» **PROBLEM DESCRIPTION**:
The required result is an exact copy of the material from the line with "(a.view n ≡ s)" through its final line, both ends included.
--- START ---
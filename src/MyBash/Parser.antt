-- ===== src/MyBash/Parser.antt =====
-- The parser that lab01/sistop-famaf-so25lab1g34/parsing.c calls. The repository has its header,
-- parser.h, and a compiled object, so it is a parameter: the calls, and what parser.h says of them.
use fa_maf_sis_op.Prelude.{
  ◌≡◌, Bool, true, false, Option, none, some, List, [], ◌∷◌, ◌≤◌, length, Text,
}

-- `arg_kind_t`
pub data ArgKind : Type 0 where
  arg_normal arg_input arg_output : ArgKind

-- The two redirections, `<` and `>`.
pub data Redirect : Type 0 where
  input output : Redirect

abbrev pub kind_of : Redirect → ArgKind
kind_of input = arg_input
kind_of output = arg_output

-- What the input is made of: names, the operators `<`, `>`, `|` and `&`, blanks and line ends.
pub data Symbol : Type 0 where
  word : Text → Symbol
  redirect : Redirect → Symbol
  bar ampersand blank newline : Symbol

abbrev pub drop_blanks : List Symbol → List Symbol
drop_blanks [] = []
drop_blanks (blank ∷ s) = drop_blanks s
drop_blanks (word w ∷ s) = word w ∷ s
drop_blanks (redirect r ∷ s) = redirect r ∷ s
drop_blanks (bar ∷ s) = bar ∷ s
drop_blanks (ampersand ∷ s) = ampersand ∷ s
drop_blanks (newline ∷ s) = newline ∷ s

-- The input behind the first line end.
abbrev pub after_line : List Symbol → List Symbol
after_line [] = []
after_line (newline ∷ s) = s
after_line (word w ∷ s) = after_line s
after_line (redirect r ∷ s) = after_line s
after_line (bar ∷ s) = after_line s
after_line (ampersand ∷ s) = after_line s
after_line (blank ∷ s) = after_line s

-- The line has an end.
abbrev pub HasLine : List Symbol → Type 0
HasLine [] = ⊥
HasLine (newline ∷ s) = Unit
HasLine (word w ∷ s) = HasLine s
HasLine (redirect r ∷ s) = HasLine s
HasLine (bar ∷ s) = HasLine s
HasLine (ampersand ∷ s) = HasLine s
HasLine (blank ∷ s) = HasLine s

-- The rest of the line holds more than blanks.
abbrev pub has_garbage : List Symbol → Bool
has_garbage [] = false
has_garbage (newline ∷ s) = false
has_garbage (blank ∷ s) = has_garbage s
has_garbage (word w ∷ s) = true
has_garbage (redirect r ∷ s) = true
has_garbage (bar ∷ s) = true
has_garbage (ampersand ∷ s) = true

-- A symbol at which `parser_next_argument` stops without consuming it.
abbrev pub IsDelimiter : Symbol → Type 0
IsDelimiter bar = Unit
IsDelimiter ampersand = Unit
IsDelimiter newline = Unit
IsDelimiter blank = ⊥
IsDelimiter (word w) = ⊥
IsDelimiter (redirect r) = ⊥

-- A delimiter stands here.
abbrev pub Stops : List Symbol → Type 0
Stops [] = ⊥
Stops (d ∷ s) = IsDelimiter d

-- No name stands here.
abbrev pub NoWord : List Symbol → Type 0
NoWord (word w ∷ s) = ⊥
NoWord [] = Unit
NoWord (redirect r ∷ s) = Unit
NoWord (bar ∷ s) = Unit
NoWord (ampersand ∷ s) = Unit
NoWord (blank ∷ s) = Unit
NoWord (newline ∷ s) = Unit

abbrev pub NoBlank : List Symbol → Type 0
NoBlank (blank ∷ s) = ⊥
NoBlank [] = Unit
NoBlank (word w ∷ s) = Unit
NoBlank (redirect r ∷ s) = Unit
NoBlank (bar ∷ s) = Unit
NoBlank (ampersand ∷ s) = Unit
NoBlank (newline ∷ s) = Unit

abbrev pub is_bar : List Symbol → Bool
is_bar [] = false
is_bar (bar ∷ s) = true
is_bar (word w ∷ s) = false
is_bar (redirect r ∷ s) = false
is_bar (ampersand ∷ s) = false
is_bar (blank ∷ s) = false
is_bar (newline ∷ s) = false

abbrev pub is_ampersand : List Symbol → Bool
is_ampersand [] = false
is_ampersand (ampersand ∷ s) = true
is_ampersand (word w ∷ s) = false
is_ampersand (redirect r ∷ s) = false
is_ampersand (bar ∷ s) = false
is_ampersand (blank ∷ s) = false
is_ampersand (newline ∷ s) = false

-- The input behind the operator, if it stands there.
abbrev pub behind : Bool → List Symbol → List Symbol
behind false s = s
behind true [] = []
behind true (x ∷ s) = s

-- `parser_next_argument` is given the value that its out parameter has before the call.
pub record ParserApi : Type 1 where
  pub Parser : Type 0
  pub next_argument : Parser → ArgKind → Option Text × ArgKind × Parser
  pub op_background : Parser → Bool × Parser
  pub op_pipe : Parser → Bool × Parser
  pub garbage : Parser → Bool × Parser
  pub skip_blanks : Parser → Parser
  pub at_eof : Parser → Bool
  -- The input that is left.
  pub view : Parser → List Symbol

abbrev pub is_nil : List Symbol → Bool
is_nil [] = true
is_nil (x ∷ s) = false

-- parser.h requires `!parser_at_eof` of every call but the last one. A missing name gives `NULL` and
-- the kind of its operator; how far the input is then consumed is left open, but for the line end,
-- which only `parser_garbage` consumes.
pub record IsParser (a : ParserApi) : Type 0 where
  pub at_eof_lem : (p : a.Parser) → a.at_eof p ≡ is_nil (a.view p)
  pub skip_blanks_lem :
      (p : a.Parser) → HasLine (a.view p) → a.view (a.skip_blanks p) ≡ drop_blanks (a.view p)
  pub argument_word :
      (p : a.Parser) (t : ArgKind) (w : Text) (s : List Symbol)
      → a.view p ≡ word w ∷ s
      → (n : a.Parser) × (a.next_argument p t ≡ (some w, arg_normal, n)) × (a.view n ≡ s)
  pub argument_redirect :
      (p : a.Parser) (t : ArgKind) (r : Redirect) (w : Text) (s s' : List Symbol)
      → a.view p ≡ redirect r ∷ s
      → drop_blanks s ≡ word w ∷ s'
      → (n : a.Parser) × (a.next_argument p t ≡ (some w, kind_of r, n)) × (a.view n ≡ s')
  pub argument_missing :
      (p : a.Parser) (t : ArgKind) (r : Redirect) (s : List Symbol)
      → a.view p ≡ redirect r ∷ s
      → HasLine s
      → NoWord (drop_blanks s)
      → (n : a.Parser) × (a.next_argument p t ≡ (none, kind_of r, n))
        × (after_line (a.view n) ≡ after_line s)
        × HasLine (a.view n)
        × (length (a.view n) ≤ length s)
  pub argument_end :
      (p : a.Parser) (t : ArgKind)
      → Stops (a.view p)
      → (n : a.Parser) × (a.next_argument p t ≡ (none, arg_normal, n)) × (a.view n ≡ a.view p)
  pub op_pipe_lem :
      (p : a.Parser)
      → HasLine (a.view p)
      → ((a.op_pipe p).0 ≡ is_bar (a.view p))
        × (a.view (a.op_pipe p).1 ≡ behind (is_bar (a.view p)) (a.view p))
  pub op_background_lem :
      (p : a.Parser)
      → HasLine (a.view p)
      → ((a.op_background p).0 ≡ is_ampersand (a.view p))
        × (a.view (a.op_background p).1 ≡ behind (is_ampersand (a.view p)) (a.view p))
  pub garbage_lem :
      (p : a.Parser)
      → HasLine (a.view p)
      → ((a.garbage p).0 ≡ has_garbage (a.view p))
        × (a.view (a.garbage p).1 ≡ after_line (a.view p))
--- END ---
» **OUTPUT FOR THIS EXERCISE**:
      → (n : a.Parser) × (a.next_argument p t ≡ (some w, arg_normal, n)) × (a.view n ≡ s)
  pub argument_redirect :
      (p : a.Parser) (t : ArgKind) (r : Redirect) (w : Text) (s s' : List Symbol)
      → a.view p ≡ redirect r ∷ s
      → drop_blanks s ≡ word w ∷ s'
      → (n : a.Parser) × (a.next_argument p t ≡ (some w, kind_of r, n)) × (a.view n ≡ s')
  pub argument_missing :
      (p : a.Parser) (t : ArgKind) (r : Redirect) (s : List Symbol)
      → a.view p ≡ redirect r ∷ s
      → HasLine s
      → NoWord (drop_blanks s)
      → (n : a.Parser) × (a.next_argument p t ≡ (none, kind_of r, n))
        × (after_line (a.view n) ≡ after_line s)
        × HasLine (a.view n)
        × (length (a.view n) ≤ length s)
  pub argument_end :
      (p : a.Parser) (t : ArgKind)
      → Stops (a.view p)
      → (n : a.Parser) × (a.next_argument p t ≡ (none, arg_normal, n)) × (a.view n ≡ a.view p)
  pub op_pipe_lem :
      (p : a.Parser)
      → HasLine (a.view p)
      → ((a.op_pipe p).0 ≡ is_bar (a.view p))
        × (a.view (a.op_pipe p).1 ≡ behind (is_bar (a.view p)) (a.view p))
  pub op_background_lem :
      (p : a.Parser)
      → HasLine (a.view p)
      → ((a.op_background p).0 ≡ is_ampersand (a.view p))
        × (a.view (a.op_background p).1 ≡ behind (is_ampersand (a.view p)) (a.view p))
  pub garbage_lem :
      (p : a.Parser)
      → HasLine (a.view p)
      → ((a.garbage p).0 ≡ has_garbage (a.view p))
        × (a.view (a.garbage p).1 ≡ after_line (a.view p))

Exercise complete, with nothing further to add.